Bret S. Stetka, MD; Tara Malekshahi, MD; Nina Tioleco, MD


January 10, 2014

Editor's Note:
While browsing a poster session at the 2013 Annual Meeting of the American Psychiatric Association in Scottsdale, Arizona, Medscape spoke with Tara Malekshahi, MD, and Nina Tioleco, MD, from the Department of Psychiatry at St. Luke's-Roosevelt Hospital in New York City about their recent study on the misuse of atypical antipsychotics.[1]

Medscape: Drs. Malekshahi and Tioleco, what can you tell us about your study?

Dr. Malekshahi: We became interested in this study while working in our detox and rehab unit at the Addiction Institute in New York. We became aware that a lot of patients with an addiction were asking for atypical antipsychotics. We did a literature search and couldn't find much on the abuse of these drugs, so we wanted to explore what the prevalence of abuse of atypical antipsychotics is, who are the patients abusing them, and what type of other drugs these patients are typically using or addicted to.

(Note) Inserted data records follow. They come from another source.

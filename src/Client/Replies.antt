-- ===== src/Client/Replies.antt =====
-- The replies that the server writes, read back by `on_response`.
use mathlib.Core.List.{append_assoc, append-nil, map}
use redis_database_basic_imp.Prelude.{
  ℕ, suc, ◌+◌, ◌-◌, ◌%◌, ◌^◌, ◌≤◌, ◌<◌, ◌≡◌, refl, sym, ap, ◌∙◌, true, false, List, [], ◌∷◌, ◌++◌,
  none, some, arith, ltb, leb, length, length-append, drop, take-length_append, drop-length_append,
  All,
}
use redis_database_basic_imp.Prelude.Bytes.{
  Bytes, le32, be64, length-le32, load32-le32, load64-be64,
}
use redis_database_basic_imp.Prelude.Run.{Run, ok, fault, ◌>>=◌}
use redis_database_basic_imp.Serialisation.{
  ser_err, ser_str, ser_int, out_nil, out_err, out_str, out_int, out_arr, out_dbl,
}
use redis_database_basic_imp.Client.{
  Printed, arr_end, unknown, arr, Response, until_nul, on_err, on_int, on_str, on_arr, arr_loop,
  on_response,
}

-- What a reply is made of, beside arrays: a value for each writer that a handler calls.
pub data Item : Type 0 where
  nil : Item
  err : ℕ → Bytes → Item
  str : Bytes → Item
  int : ℕ → Item

unfoldable pub write_item : Bytes → Item → Bytes
unfolding out_nil out_err out_str out_int
write_item out nil = out_nil out
write_item out (err code msg) = out_err out code msg
write_item out (str val) = out_str out val
write_item out (int val) = out_int out val

-- The line that the client prints for it.
abbrev pub shown : Item → Printed
shown nil = Printed.nil
shown (err code msg) = Printed.err code (until_nul msg)
shown (str val) = Printed.str (until_nul val)
shown (int val) = Printed.int val

-- The value is shorter than 2 GiB, and a number fits its type.
abbrev pub IsSmall : Item → Type 0
IsSmall nil = Unit
IsSmall (err code msg) = (code < 2 ^ 32) × (9 + length msg < 2 ^ 31)
IsSmall (str val) = 5 + length val < 2 ^ 31
IsSmall (int val) = val < 2 ^ 64

err_bytes :
    (code : ℕ) (msg rest : Bytes)
    → 9 + length msg < 2 ^ 31
    → write_item [] (err code msg) ++ rest
      ≡ ser_err ∷ (le32 code ++ (le32 (length msg) ++ (msg ++ rest)))
unfolding write_item
err_bytes code msg rest h =
    let size : length msg % 2 ^ 32 ≡ length msg = omega arith in rw size (simp append_assoc)

str_bytes :
    (val rest : Bytes)
    → 5 + length val < 2 ^ 31
    → write_item [] (str val) ++ rest ≡ ser_str ∷ (le32 (length val) ++ (val ++ rest))
unfolding write_item
str_bytes val rest h =
    let size : length val % 2 ^ 32 ≡ length val = omega arith in rw size (simp append_assoc)

int_bytes :
    (val : ℕ) (rest : Bytes) → write_item [] (int val) ++ rest ≡ ser_int ∷ (be64 val ++ rest)
unfolding write_item
int_bytes val rest = refl

item_length : Item → ℕ
item_length nil = 1
item_length (err code msg) = 9 + length msg
item_length (str val) = 5 + length val
item_length (int val) = 9

length-write_item : (i : Item) → IsSmall i → length (write_item [] i) ≡ item_length i
unfolding item_length write_item le32 be64
length-write_item nil h = omega arith
length-write_item (err code msg) h = omega arith
length-write_item (str val) h = omega arith
length-write_item (int val) h = omega arith

-- What the client returns and prints for an item.
abbrev answer : Item → Run Response
answer i = ok (record { rv = some (item_length i); printed = shown i ∷ [] })

on_err-item :
    (code : ℕ) (msg rest : Bytes) (size : ℕ)
    → IsSmall (err code msg)
    → 9 + length msg ≤ size
    → on_err (write_item [] (err code msg) ++ rest) size ≡ answer (err code msg)
unfolding on_err item_length
on_err-item code msg rest size (small, short) h =
    let len = length msg in
    let tail = le32 len ++ (msg ++ rest) in
    let room : ltb size 9 ≡ false = ground arith in
    let end : (9 + len) % 2 ^ 32 ≡ 9 + len = omega arith in
    let fits : ltb size (9 + len) ≡ false = ground arith in
    let positive : ltb (9 + len) (2 ^ 31) ≡ true = ground arith in
    let all : leb len (length (msg ++ rest)) ≡ true = ground (arith, length-append msg rest) in
    rw (
      err_bytes code msg rest short,
      room,
      load32-le32 code tail small,
      drop-length_append (le32 code) tail 4 0 (omega (arith, length-le32 code)),
      load32-le32 len (msg ++ rest) (omega arith),
      end,
      fits,
      drop-length_append (le32 code) tail 8 4 (omega (arith, length-le32 code)),
      drop-length_append (le32 len) (msg ++ rest) 4 0 (omega (arith, length-le32 len)),
      all,
      end,
      positive,
      take-length_append msg rest len refl,
    )

on_str-item :
    (val rest : Bytes) (size : ℕ)
    → IsSmall (str val)
    → 5 + length val ≤ size
    → on_str (write_item [] (str val) ++ rest) size ≡ answer (str val)
unfolding on_str item_length
on_str-item val rest size short h =
    let len = length val in
    let room : ltb size 5 ≡ false = ground arith in
    let end : (5 + len) % 2 ^ 32 ≡ 5 + len = omega arith in
    let fits : ltb size (5 + len) ≡ false = ground arith in
    let positive : ltb (5 + len) (2 ^ 31) ≡ true = ground arith in
    let all : leb len (length (val ++ rest)) ≡ true = ground (arith, length-append val rest) in
    rw (
      str_bytes val rest short,
      room,
      load32-le32 len (val ++ rest) (omega arith),
      end,
      fits,
      drop-length_append (le32 len) (val ++ rest) 4 0 (omega (arith, length-le32 len)),
      all,
      end,
      positive,
      take-length_append val rest len refl,
    )

on_int-item :
    (val : ℕ) (rest : Bytes) (size : ℕ)
    → IsSmall (int val)
    → 9 ≤ size
    → on_int (write_item [] (int val) ++ rest) size ≡ answer (int val)
unfolding on_int item_length
on_int-item val rest size small h =
    let room : ltb size 9 ≡ false = ground arith in
    rw (int_bytes val rest, room, load64-be64 val rest small)

-- The client reads an item back, whatever follows it, and returns its length.
on_response-item :
    (i : Item) (f : ℕ) (rest : Bytes) (size : ℕ)
    → IsSmall i
    → item_length i ≤ size
    → on_response (suc f) (write_item [] i ++ rest) size ≡ answer i
unfolding on_response write_item item_length
on_response-item nil f rest size small h = let room : ltb size 1 ≡ false = ground arith in rw room
on_response-item (err code msg) f rest size small h =
    let room : ltb size 1 ≡ false = ground arith in rw room (on_err-item code msg rest size small h)
on_response-item (str val) f rest size small h =
    let room : ltb size 1 ≡ false = ground arith in rw room (on_str-item val rest size small h)
on_response-item (int val) f rest size small h =
    let room : ltb size 1 ≡ false = ground arith in rw room (on_int-item val rest size small h)

-- A reply to `keys`: the items behind the head of an array.
unfoldable pub write_items : Bytes → List Item → Bytes
write_items out [] = out
write_items out (i ∷ items) = write_items (write_item out i) items

items_length : List Item → ℕ
items_length [] = 0
items_length (i ∷ items) = item_length i + items_length items

write_item-append : (out : Bytes) (i : Item) → write_item out i ≡ out ++ write_item [] i
unfolding write_item
write_item-append out nil = refl
write_item-append out (err code msg) = simp append_assoc
write_item-append out (str val) = simp append_assoc
write_item-append out (int val) = simp append_assoc

write_items-append :
    (out : Bytes) (items : List Item) → write_items out items ≡ out ++ write_items [] items
unfolding write_items
write_items-append out [] = sym (append-nil out)
write_items-append out (i ∷ items) =
    write_items-append (write_item out i) items
    ∙ ap (λ o. o ++ write_items [] items) (write_item-append out i)
    ∙ append_assoc out (write_item [] i) (write_items [] items)
    ∙ ap (λ o. out ++ o) (sym (write_items-append (write_item [] i) items))

arr_loop_step :
    (on : Bytes → ℕ → Run Response) (n at : ℕ) (mem : Bytes) (size rv : ℕ) (p : Printed)
    → on (drop at mem) ((size + 2 ^ 64 - at) % 2 ^ 64)
      ≡ ok (record { rv = some rv; printed = p ∷ [] })
    → arr_loop on (suc n) at mem size ≡ (
        arr_loop on n (at + rv) mem size >>= λ r.
        ok (record { rv = r.rv; printed = p ∷ r.printed }))
unfolding arr_loop
arr_loop_step on n at mem size rv p e = rw e

arr_loop-items :
    (items : List Item) (f at : ℕ) (pre rest : Bytes) (size : ℕ)
    → All IsSmall items
    → at ≡ length pre
    → at + items_length items ≤ size
    → at + items_length items < 2 ^ 31
    → size < 2 ^ 32
    → arr_loop (on_response (suc f)) (length items) at (pre ++ (write_items [] items ++ rest)) size
      ≡ ok (record {
        rv = some (at + items_length items);
        printed = map shown items ++ (arr_end ∷ []);
      })
unfolding write_items items_length
arr_loop-items [] f at pre rest size small e h short fits =
    let none_left : at + 0 ≡ at = omega arith in
    let whole : at % 2 ^ 32 ≡ at = omega arith in
    let positive : ltb at (2 ^ 31) ≡ true = ground arith in
    unfold arr_loop in rw (none_left, whole, positive)
arr_loop-items (i ∷ items) f at pre rest size small e h short fits =
    let tail = write_items [] items ++ rest in
    let mem = pre ++ (write_item [] i ++ tail) in
    let left : (size + 2 ^ 64 - at) % 2 ^ 64 ≡ size - at = omega arith in
    let split : write_items (write_item [] i) items ++ rest ≡ write_item [] i ++ tail =
      ap (λ o. o ++ rest) (write_items-append (write_item [] i) items)
      ∙ append_assoc (write_item [] i) (write_items [] items) rest in
    let here : on_response (suc f) (drop at mem) ((size + 2 ^ 64 - at) % 2 ^ 64) ≡ answer i =
      rw (drop-length_append pre (write_item [] i ++ tail) at 0 (omega arith), left)
        (on_response-item i f tail (size - at) small.0 (omega arith)) in
    let later =
      arr_loop-items items f (at + item_length i) (pre ++ write_item [] i) rest size small.1
        (omega (arith, length-append pre (write_item [] i), length-write_item i small.0))
        (omega arith) (omega arith) fits in
    let regroup : (pre ++ write_item [] i) ++ tail ≡ mem =
      append_assoc pre (write_item [] i) tail in
    let sum : at + item_length i + items_length items ≡ at + (item_length i + items_length items) =
      omega arith in
    rw (
      split,
      arr_loop_step (on_response (suc f)) (length items) at mem size (item_length i) (shown i) here,
      ← regroup,
      later,
      sum,
    )

length-write_items :
    (items : List Item) → All IsSmall items → length (write_items [] items) ≡ items_length items
unfolding write_items items_length
length-write_items [] h = refl
length-write_items (i ∷ items) h = omega (
  arith,
  ap length (write_items-append (write_item [] i) items),
  length-append (write_item [] i) (write_items [] items),
  length-write_item i h.0,
  length-write_items items h.1,
)

length-out_arr : (n : ℕ) → length (out_arr [] n) ≡ 5
unfolding out_arr le32
length-out_arr n = refl

on_arr-items :
    (items : List Item) (f : ℕ) (rest : Bytes) (size : ℕ)
    → All IsSmall items
    → length items < 2 ^ 32
    → 5 + items_length items ≤ size
    → 5 + items_length items < 2 ^ 31
    → size < 2 ^ 32
    → on_arr
        (on_response (suc f))
        (out_arr [] (length items) ++ (write_items [] items ++ rest))
        size
      ≡ ok (record {
        rv = some (5 + items_length items);
        printed = arr (length items) ∷ (map shown items ++ (arr_end ∷ []));
      })
unfolding on_arr out_arr
on_arr-items items f rest size small few h short fits =
    let tail = write_items [] items ++ rest in
    let n = length items in
    let room : ltb size 5 ≡ false = ground arith in
    let loop =
      arr_loop-items items f 5 (out_arr [] n) rest size small (sym (length-out_arr n)) h short
        fits in
    rw (room, load32-le32 n tail few, loop)

-- An array is handed to `on_arr`.
array_tag :
    (n f : ℕ) (tail : Bytes) (size : ℕ) {r : Run Response}
    → 1 ≤ size
    → on_arr (on_response f) (out_arr [] n ++ tail) size ≡ r
    → on_response (suc f) (out_arr [] n ++ tail) size ≡ r
unfolding on_response out_arr
array_tag n f tail size h e = let room : ltb size 1 ≡ false = ground arith in rw room e

-- The client reads back any reply of the server that is an array of items (that of `keys`), whatever
-- follows it in the buffer: it returns the length of the reply, and prints the head, each item and
-- the end. The reply is shorter than 2 GiB, and `size` is at least its length and below 2^32.
pub on_response-array :
    (items : List Item) (f : ℕ) (rest : Bytes) (size : ℕ)
    → All IsSmall items
    → length items < 2 ^ 32
    → length (write_items (out_arr [] (length items)) items) ≤ size
    → length (write_items (out_arr [] (length items)) items) < 2 ^ 31
    → size < 2 ^ 32
    → on_response (suc (suc f)) (write_items (out_arr [] (length items)) items ++ rest) size
      ≡ ok (record {
        rv = some (length (write_items (out_arr [] (length items)) items));
        printed = arr (length items) ∷ (map shown items ++ (arr_end ∷ []));
      })
on_response-array items f rest size small few h short fits =
    let head = out_arr [] (length items) in
    let whole = write_items-append head items in
    let len : length (head ++ write_items [] items) ≡ 5 + items_length items = omega (
      arith,
      length-append head (write_items [] items),
      length-out_arr (length items),
      length-write_items items small,
    ) in
    let enough : 5 + items_length items ≤ size = omega (arith, ap length whole, len) in
    rw (whole, len, append_assoc head (write_items [] items) rest)
      (array_tag (length items) (suc f) _ size (omega (arith, enough)) (
        on_arr-items items f rest size small few enough (omega (arith, short, ap length whole, len))
          fits))

-- The client reads back each value that the server writes, whatever follows it in the buffer, and
-- returns its length.
pub on_response-write_item :
    (i : Item) (f : ℕ) (rest : Bytes) (size : ℕ)
    → IsSmall i
    → length (write_item [] i) ≤ size
    → on_response (suc f) (write_item [] i ++ rest) size
      ≡ ok (record { rv = some (length (write_item [] i)); printed = shown i ∷ [] })
on_response-write_item i f rest size small h =
    let len = length-write_item i small in
    rw len (on_response-item i f rest size small (omega (arith, len)))

-- A reply that is a double, as that of `zscore`, is refused as of an unknown type.
pub on_response-out_dbl :
    (val f : ℕ) (rest : Bytes) (size : ℕ)
    → 1 ≤ size
    → on_response (suc f) (out_dbl [] val ++ rest) size
      ≡ ok (record { rv = none; printed = unknown ∷ [] })
unfolding on_response out_dbl
on_response-out_dbl val f rest size h = let room : ltb size 1 ≡ false = ground arith in rw room

-- A string that announces so many bytes that 5 more do not fit a `uint32_t` passes the test of the
-- size, and is read past the end of the reply.
pub on_response-overrun :
    (len f : ℕ) (rest : Bytes) (size : ℕ)
    → 2 ^ 32 - 5 ≤ len
    → len < 2 ^ 32
    → 5 ≤ size
    → length rest < len
    → on_response (suc f) (ser_str ∷ (le32 len ++ rest)) size ≡ fault
unfolding on_response
on_response-overrun len f rest size lo hi h short =
    let room₁ : ltb size 1 ≡ false = ground arith in
    let room₅ : ltb size 5 ≡ false = ground arith in
    let wrapped : ltb size ((5 + len) % 2 ^ 32) ≡ false = ground arith in
    let beyond : leb len (length rest) ≡ false = ground arith in
    rw (
      room₁,
      room₅,
      load32-le32 len rest hi,
      wrapped,
      drop-length_append (le32 len) rest 4 0 (omega (arith, length-le32 len)),
      beyond,
    )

Medscape: What were most patients being treated for?

Dr. Tioleco: Most of them were there for detox from either alcohol or opiates or there for rehab. They were also using stimulants, including cocaine, sedatives/hypnotics, cannabis, and others. In the past 30 days, 80% had used opioids, 76% had used alcohol, 64% had used cocaine, 52% had used sedatives/hypnotics, and 20% had used other substances. We found that about 67% were using atypical antipsychotics to deal with the bad effects from the other drugs. For example, with opiates and alcohol, they were often unable to sleep, and so were using an atypical to try and recover from insomnia.

Medscape: Were they prescribed the antipsychotics by healthcare providers in most cases?

Dr. Tioleco: Of note, only about one half were prescribed, whereas the rest were getting them on the streets or from family and friends.

Dr. Malekshahi: But there isn't really any street value for atypical antipsychotics, so most of them don't pay for the drugs; they just get them through friends and family.

Dr. Tioleco: They learn about these drugs from popular press, message boards, the Internet, and underground drug use networks.

Medscape: How many patients did you look at, and what did you find?

Dr. Malekshahi: We screened 543 patients from the detox/rehab unit and found that 17% were eligible for the study, meaning they'd used an atypical antipsychotic not as prescribed, as well as abused another substance within the past year.

Of the patients studied, 88% were polysubstance abusers. Most patients who received atypical antipsychotics were not being prescribed the medication for psychotic symptoms, and most self-reported being prescribed the medications for sleep problems, mood disturbance, and anxiety.

Dr. Tioleco: In terms of which atypicals the patients we interviewed were on, 96% of the patients were taking quetiapine. People are prescribed this agent often, and it's familiar to many people. Also, people are often prescribed it for less severe conditions -- such as insomnia, which is an off-label use.

Medscape: What is your take-home message for clinicians?

Dr. Tioleco: With this study, we want to make clinician more aware of the abuse of antipsychotics in mostly polysubstance abusers -- to make sure we think to ask about these agents and whether or not they're being used as prescribed.